+++ Listed records
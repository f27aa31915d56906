-- ===== src/Backend/Opi/NvmeContract.antt =====
-- What `opiInitiatorNvme` promises as a backend.
use spdk_csi.Prelude.{◌⊎◌, refl, Bool, true, false, inl, inr}
use spdk_csi.Effect.{pure, raise, ignore, Result, good, bad, ◌>>◌}
use spdk_csi.Effect.Triple.{
  Triple, Triple-bind, Triple-attempt, Triple-pure, Triple-raise, Triple-ignore, Triple-weaken,
  Triple-strengthen, Either,
}
use spdk_csi.Target.Nvmf.{Map}
use spdk_csi.Node.Xpu.{ConnectParams}
use spdk_csi.Backend.Contract.{Stages, Contract}
use spdk_csi.Backend.Opi.{
  Kind, remote_controller, path, subsystem, controller, namespace, virtio_blk, Services,
}
use spdk_csi.Backend.Opi.Ledger.{Log, recorded, Assumptions, with, without}
use spdk_csi.Backend.Opi.Steps.{Stage, Stage-weaken, nothing}
use spdk_csi.Backend.Opi.Moves.{below→Below, deletion, creation}
use spdk_csi.Backend.Opi.Nvme.{
  OpiNvme, cleanup, later_steps, connect, disconnect, opi_initiator_nvme,
}
use spdk_csi.Backend.Opi.NvmeSteps.{
  view, create_subsystem-Triple, create_controller-Triple, create_remote_controller-Triple,
  create_path-Triple, create_namespace-Triple,
}
use spdk_csi.Backend.Opi.NvmeDeletions.{
  delete_namespace-Triple, delete_controller-Triple, delete_subsystem-Triple, delete_path-Triple,
  delete_remote_controller-Triple,
}

-- The kinds that this initiator makes.
abbrev pub nvme_kinds : Kind → Bool
nvme_kinds virtio_blk = false
nvme_kinds _ = true

abbrev everything : Kind → Bool
everything _ = true

abbrev only_virtio_blk : Kind → Bool
only_virtio_blk virtio_blk = true
only_virtio_blk _ = false

module _ {W : Type 0} where
  -- Nothing is made, all five objects are, or some of them, each under its name.
  abbrev pub Fresh : OpiNvme (W × Log) → Type 0
  Fresh s = Stage view everything nothing s

  abbrev pub Up : OpiNvme (W × Log) → Type 0
  Up s = Stage view only_virtio_blk nvme_kinds s

  abbrev pub Held : OpiNvme (W × Log) → Type 0
  Held s = Stage view only_virtio_blk nothing s

abbrev pub nvme_stages : (W Refused : Type 0) → Stages (OpiNvme (W × Log))
nvme_stages W Refused = record {
  Fresh = Fresh;
  Up = Up;
  Gone = Fresh;
  Held = Held;
  Refused = Refused;
}

module _ {W : Type 0} (services : Services W) (volume_context : Map) (Refused : Type 0)
    (safe : Assumptions services Refused) where
  cleanup-Triple :
      Triple Held
        (cleanup (recorded services) volume_context)
        (λ _ s. Fresh s)
        (λ _ s. Held s × Refused)
  unfolding cleanup
  cleanup-Triple =
      Triple-bind _ _
        (deletion view Refused namespace (below→Below _ _ refl)
          (delete_namespace-Triple services volume_context Refused safe))
        λ _.
          Triple-bind _ _
            (deletion view Refused path (below→Below _ _ refl)
              (delete_path-Triple services volume_context Refused safe))
            λ _.
              Triple-bind _ _
                (deletion view Refused remote_controller (below→Below _ _ refl)
                  (delete_remote_controller-Triple services volume_context Refused safe))
                λ _.
                  Triple-bind _ _
                    (deletion view Refused controller (below→Below _ _ refl)
                      (delete_controller-Triple services volume_context Refused safe))
                    λ _.
                      Triple-strengthen
                        (λ _ s. Stage-weaken view (below→Below _ _ refl) (below→Below _ _ refl))
                        (deletion view Refused subsystem (below→Below _ _ refl)
                          (delete_subsystem-Triple services volume_context Refused safe))

  later_steps-Triple :
      (p : ConnectParams)
      → Triple
          (Stage view (without subsystem everything) (with subsystem nothing))
          (later_steps (recorded services) volume_context p)
          (λ _ s. Up s)
          (λ _ s. Held s)
  later_steps-Triple p =
      Triple-bind _ _
        (creation view controller (below→Below _ _ refl)
          (create_controller-Triple services volume_context Refused safe p.pci_endpoint refl))
        λ _.
          Triple-bind _ _
            (creation view remote_controller (below→Below _ _ refl)
              (create_remote_controller-Triple services volume_context Refused safe refl))
            λ _.
              Triple-bind _ _
                (creation view path (below→Below _ _ refl)
                  (create_path-Triple services volume_context Refused safe refl))
                λ _.
                  Triple-strengthen
                    (λ _ s. Stage-weaken view (below→Below _ _ refl) (below→Below _ _ refl))
                    (creation view namespace (below→Below _ _ refl)
                      (create_namespace-Triple services volume_context Refused safe refl))

  -- The end of `Connect`, once the steps have been tried.
  finish-Triple :
      (r : Result Unit)
      → Triple
          (Either (λ _ s. Up {W = W} s) (λ _ s. Held {W = W} s) r)
          (elim r [
            | good _ ↦ pure tt
            | bad e ↦ do ignore (cleanup (recorded services) volume_context); raise e
          ])
          (λ _ s. Up {W = W} s)
          (λ _ s. Held {W = W} s × (Refused ⊎ Fresh s))
  finish-Triple (good _) = Triple-pure tt (λ s h. h)
  finish-Triple (bad e) =
      Triple-bind _ _
        (Triple-ignore _ (
          Triple-strengthen
            (λ _ s h. (Stage-weaken view (below→Below _ _ refl) (below→Below _ _ refl) h, inr h))
            (Triple-weaken (λ _ s h. (h.0, inl h.1)) cleanup-Triple)))
        λ _. Triple-raise e (λ s h. h)

  connect-Triple :
      (p : ConnectParams)
      → Triple Fresh
          (connect (recorded services) volume_context p)
          (λ _ s. Up s)
          (λ _ s. Held s × (Refused ⊎ Fresh s))
  unfolding connect
  connect-Triple p =
      Triple-bind _ _
        (Triple-weaken
          (λ _ s h. (Stage-weaken view (below→Below _ _ refl) (below→Below _ _ refl) h, inr h))
          (create_subsystem-Triple services volume_context Refused safe refl))
        λ _. Triple-bind _ _ (Triple-attempt _ (later_steps-Triple p)) finish-Triple

  disconnect-Triple :
      Triple Held
        (disconnect (recorded services) volume_context)
        (λ _ s. Fresh s)
        (λ _ s. Held s × Refused)
  unfolding disconnect
  disconnect-Triple = cleanup-Triple

  -- Over an OPI bridge that names every object it makes, opiInitiatorNvme keeps the contract of a
  -- backend: Connect from nothing returns only with all five objects made, each under its name,
  -- and when it fails what the bridge holds is what the initiator names, which is nothing unless a
  -- deletion was refused; Disconnect from whatever is left removes all of it, or fails because a
  -- deletion was refused and keeps the rest named.
  pub opi_initiator_nvme-Contract :
      Contract (nvme_stages W Refused) (opi_initiator_nvme (recorded services) volume_context)
  opi_initiator_nvme-Contract = record {
    connect_all = connect-Triple;
    disconnect_all = disconnect-Triple;
    Up-Held = λ s. Stage-weaken view (below→Below _ _ refl) (below→Below _ _ refl);
  }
++++++
What you are asked to do:
Every line of the listing that includes the word "unfolding" belongs in the answer.

Answer space:
  unfolding cleanup
  unfolding connect
  unfolding disconnect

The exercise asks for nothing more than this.